A press release this afternoon from DND/CFNIS:

CANADIAN FORCES NATIONAL INVESTIGATION SERVICE (CFNIS) 

September 26, 2007  

DND: Burlington Cadet Officer Charged with Scandalous Behavior  

OTTAWA, ONTARIO--(Marketwire - Sept. 26, 2007) - A commissioned Cadet Instructor Cadre (CIC) officer of the Royal Canadian Sea Cadets Corps has been charged with scandalous and disgraceful conduct under the National Defence Act (NDA)

Lieutenant (Navy) Ralph Edwards of Burlington, Ontario, has been charged with two counts of scandalous conduct by an officer, contrary to Section 92 of the NDA and two counts of disgraceful conduct, contrary to Section 93 of the NDA.
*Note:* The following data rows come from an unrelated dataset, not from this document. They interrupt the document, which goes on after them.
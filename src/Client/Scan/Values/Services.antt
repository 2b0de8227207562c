-- ===== src/Client/Scan/Values/Services.antt =====
-- The services that a device advertises are those that the client shows.
use bluepy.Client.Uuid.Shown.{make_uuid-uuid_text}
use bluepy.Client.Uuid.{uuid_text, make_uuid}
use bluepy.Client.Scan.{ScanData, set_item}
use bluepy.Protocol.Wire.{hex_bytes}
use bluepy.Client.Uuid.Digits.{All-wide, length-wide, make_uuid-hex_bytes, IsUuidSize, wide}
use bluepy.Common.Hex.Digits.{All}
use bluepy.Client.Scan.Values.{
  decode_uuid_list, decode_value, uuids, get_value, uuid_size, is_name, get_item, decode_from,
  big_endian, decode_uuid,
}
use bluepy.Client.Parse.{◌>>=◌, ok}
use bluepy.Common.{
  inr, inl, Bool-cases, Option, ◌==◌, subst, zero, drop_all, append_assoc, true, take_all,
  length-append, take-append, false, drop-append, leb, ltb, suc, map, sym, arith, ◌+◌, take, ◌∙◌,
  ◌≤◌, refl, drop, some, ◌≡◌, ◌<◌, ◌++◌, length, List, Text, ℕ, [], ◌∷◌,
}

-- The bytes in the other order.
abbrev pub reverse_onto : Text → Text → Text
reverse_onto [] acc = acc
reverse_onto (b ∷ bs) acc = reverse_onto bs (b ∷ acc)

length-reverse_onto : (bs acc : Text) → length (reverse_onto bs acc) ≡ length bs + length acc
length-reverse_onto [] acc = omega arith
length-reverse_onto (b ∷ bs) acc = length-reverse_onto bs (b ∷ acc) ∙ omega arith

All-reverse_onto :
    (bs acc : Text)
    → All (λ b. b < 256) bs
    → All (λ b. b < 256) acc
    → All (λ b. b < 256) (reverse_onto bs acc)
All-reverse_onto [] acc h k = k
All-reverse_onto (b ∷ bs) acc (h, hs) k = All-reverse_onto bs (b ∷ acc) hs (h, k)

big_endian-hex_bytes :
    (bs acc : Text) → big_endian bs (hex_bytes acc) ≡ hex_bytes (reverse_onto bs acc)
unfolding big_endian
big_endian-hex_bytes [] acc = refl
big_endian-hex_bytes (b ∷ bs) acc = big_endian-hex_bytes bs (b ∷ acc)

-- The UUID that is sent as those bytes, last byte first.
abbrev pub uuid_of : Text → Text
uuid_of c = wide (reverse_onto c [])

-- The bytes of one UUID.
abbrev pub IsChunk : ℕ → Text → Type 0
IsChunk n c = (length c ≡ n) × All (λ b. b < 256) c

length-reversed : (c : Text) → length (reverse_onto c []) ≡ length c
length-reversed c = length-reverse_onto c [] ∙ omega arith

decode_uuid-chunk :
    (n : ℕ) (c : Text) → IsUuidSize n → IsChunk n c → decode_uuid c n ≡ ok (some (uuid_of c))
unfolding decode_uuid
decode_uuid-chunk n c size (e, h) =
    let enough : ltb (length c) n ≡ false = ground arith in
    rw
      (
        enough,
        take_all n c (omega arith),
        big_endian-hex_bytes c [],
        make_uuid-hex_bytes (reverse_onto c [])
            (subst IsUuidSize (sym e ∙ sym (length-reversed c)) size) (All-reverse_onto c [] h tt),
      )
      refl

-- The chunks one behind the other.
abbrev pub concat : List Text → Text
concat [] = []
concat (c ∷ cs) = c ++ concat cs

take-chunk : (n : ℕ) (c t : Text) → length c ≡ n → take n (c ++ t) ≡ c
take-chunk n c t e = rw (sym e) (take-append c t)

drop-chunk : (n : ℕ) (c t : Text) → length c ≡ n → drop n (c ++ t) ≡ t
drop-chunk n c t e = rw (sym e) (drop-append c t)

module _ (n : ℕ) (size : IsUuidSize n) (some_bytes : 0 < n) where
  decode_from-round :
      (fuel : ℕ) (b : ℕ) (bs t : Text)
      → IsChunk n (b ∷ bs)
      → decode_from (suc fuel) ((b ∷ bs) ++ t) n
        ≡ (decode_from fuel t n >>= λ us. ok (some (uuid_of (b ∷ bs)) ∷ us))
  unfolding decode_from
  decode_from-round fuel b bs t (e, h) =
      let enough : leb n (length ((b ∷ bs) ++ t)) ≡ true =
        let k = length-append bs t in ground arith in
      rw
        (
          decode_from,
          enough,
          take-chunk n (b ∷ bs) t e,
          drop-chunk n (b ∷ bs) t e,
          decode_uuid-chunk n (b ∷ bs) size (e, h),
        )
        refl

  decode_from-end : (fuel : ℕ) (t : Text) → length t < n → decode_from fuel t n ≡ ok []
  unfolding decode_from
  decode_from-end zero t h = refl
  decode_from-end (suc fuel) [] h = refl
  decode_from-end (suc fuel) (b ∷ bs) h =
      let short : leb n (length (b ∷ bs)) ≡ false = ground arith in
      let nothing_left : drop n (b ∷ bs) ≡ [] = drop_all n (b ∷ bs) (omega arith) in
      rw (decode_from, short, nothing_left) (decode_from-end fuel [] some_bytes)

  -- With a byte of fuel for each byte, all chunks are decoded, in their order.
  decode_from-chunks :
      (fuel : ℕ) (cs : List Text) (t : Text)
      → length (concat cs ++ t) ≤ fuel
      → All (IsChunk n) cs
      → length t < n
      → decode_from fuel (concat cs ++ t) n ≡ ok (map (λ c. some (uuid_of c)) cs)
  decode_from-chunks fuel [] t f h r = decode_from-end fuel t r
  decode_from-chunks fuel ([] ∷ cs) t f (h, hs) r = absurd (omega (arith, h.0))
  decode_from-chunks zero ((b ∷ bs) ∷ cs) t f (h, hs) r = absurd (omega arith)
  decode_from-chunks (suc fuel) ((b ∷ bs) ∷ cs) t f (h, hs) r =
      let less : length (concat cs ++ t) ≤ fuel = omega (
        arith,
        length-append (bs ++ concat cs) t,
        length-append bs (concat cs),
        length-append (concat cs) t,
      ) in
      rw
        (
          append_assoc (b ∷ bs) (concat cs) t,
          decode_from-round fuel b bs (concat cs ++ t) h,
          decode_from-chunks fuel cs t less hs r,
        )
        refl

same_number : (n : ℕ) → (n == n) ≡ true
same_number n = ground arith

get_item-set_item :
    (sdid : ℕ) (val : Text) (scan_data : ScanData)
    → get_item sdid (set_item sdid val scan_data) ≡ some val
unfolding get_item set_item
get_item-set_item sdid val [] = rw (same_number sdid) refl
get_item-set_item sdid val ((k, v) ∷ scan_data) = elim (Bool-cases (k == sdid)) [
  | inl e ↦ rw (set_item, e, get_item, e) refl
  | inr e ↦ rw (set_item, e, get_item, e) (get_item-set_item sdid val scan_data)
]

uuid_size-sizes : (sdid n : ℕ) → uuid_size sdid ≡ some n → IsUuidSize n × (0 < n)
uuid_size-sizes sdid n h = ground arith

shown_again :
    (n : ℕ)
    → IsUuidSize n
    → (cs : List Text) → All (IsChunk n) cs
    → All (λ c. make_uuid (uuid_text (uuid_of c)) ≡ ok (uuid_of c)) cs
shown_again n size [] h = tt
shown_again n size (c ∷ cs) ((e, h), hs) =
    let fits = subst IsUuidSize (sym e ∙ sym (length-reversed c)) size in
    (
      make_uuid-uuid_text (uuid_of c) (length-wide (reverse_onto c []) fits)
          (All-wide (reverse_onto c []) (All-reverse_onto c [] h tt)),
      shown_again n size cs hs,
    )

-- A structure whose type stands for a list of UUIDs of n bytes is set to UUIDs of n bytes each, last
-- byte first, with less than n bytes behind them. Then the value that the client gives of it is those
-- UUIDs, all of them, in their order, each with the bytes that the base of a short UUID supplies; and
-- each is shown as a text that makes the same UUID again.
pub get_value-services :
    (utf8 : Text → Option Text) (sdid n : ℕ) (cs : List Text) (t : Text) (scan_data : ScanData)
    → is_name sdid ≡ false
    → uuid_size sdid ≡ some n
    → All (IsChunk n) cs
    → length t < n
    → (get_value utf8 sdid (set_item sdid (concat cs ++ t) scan_data)
        ≡ ok (uuids (map (λ c. some (uuid_of c)) cs)))
      × All (λ c. make_uuid (uuid_text (uuid_of c)) ≡ ok (uuid_of c)) cs
unfolding get_value decode_value decode_uuid_list
get_value-services utf8 sdid n cs t scan_data other list h r =
    let (size, some_bytes) = uuid_size-sizes sdid n list in
    (
      rw
          (
            get_value,
            get_item-set_item sdid (concat cs ++ t) scan_data,
            decode_value,
            other,
            list,
            decode_uuid_list,
            decode_from-chunks n size some_bytes (length (concat cs ++ t)) cs t (omega arith) h r,
          )
          refl,
      shown_again n size cs h,
    )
During an international exchange program in July 2006, where the accused was assigned to escort a group of Canadian Sea Cadets to the Netherlands, he is alleged to have influenced and financially assisted several male sea cadets aged 15-16 in obtaining the services of prostitutes during a visit to Amsterdam.

A complaint by one of the Canadian cadets led to a full investigation by the Canadian Forces National Investigation Service (CFNIS). The investigation revealed that five cadets (two Canadian, two British, and one American) may have been involved in this incident.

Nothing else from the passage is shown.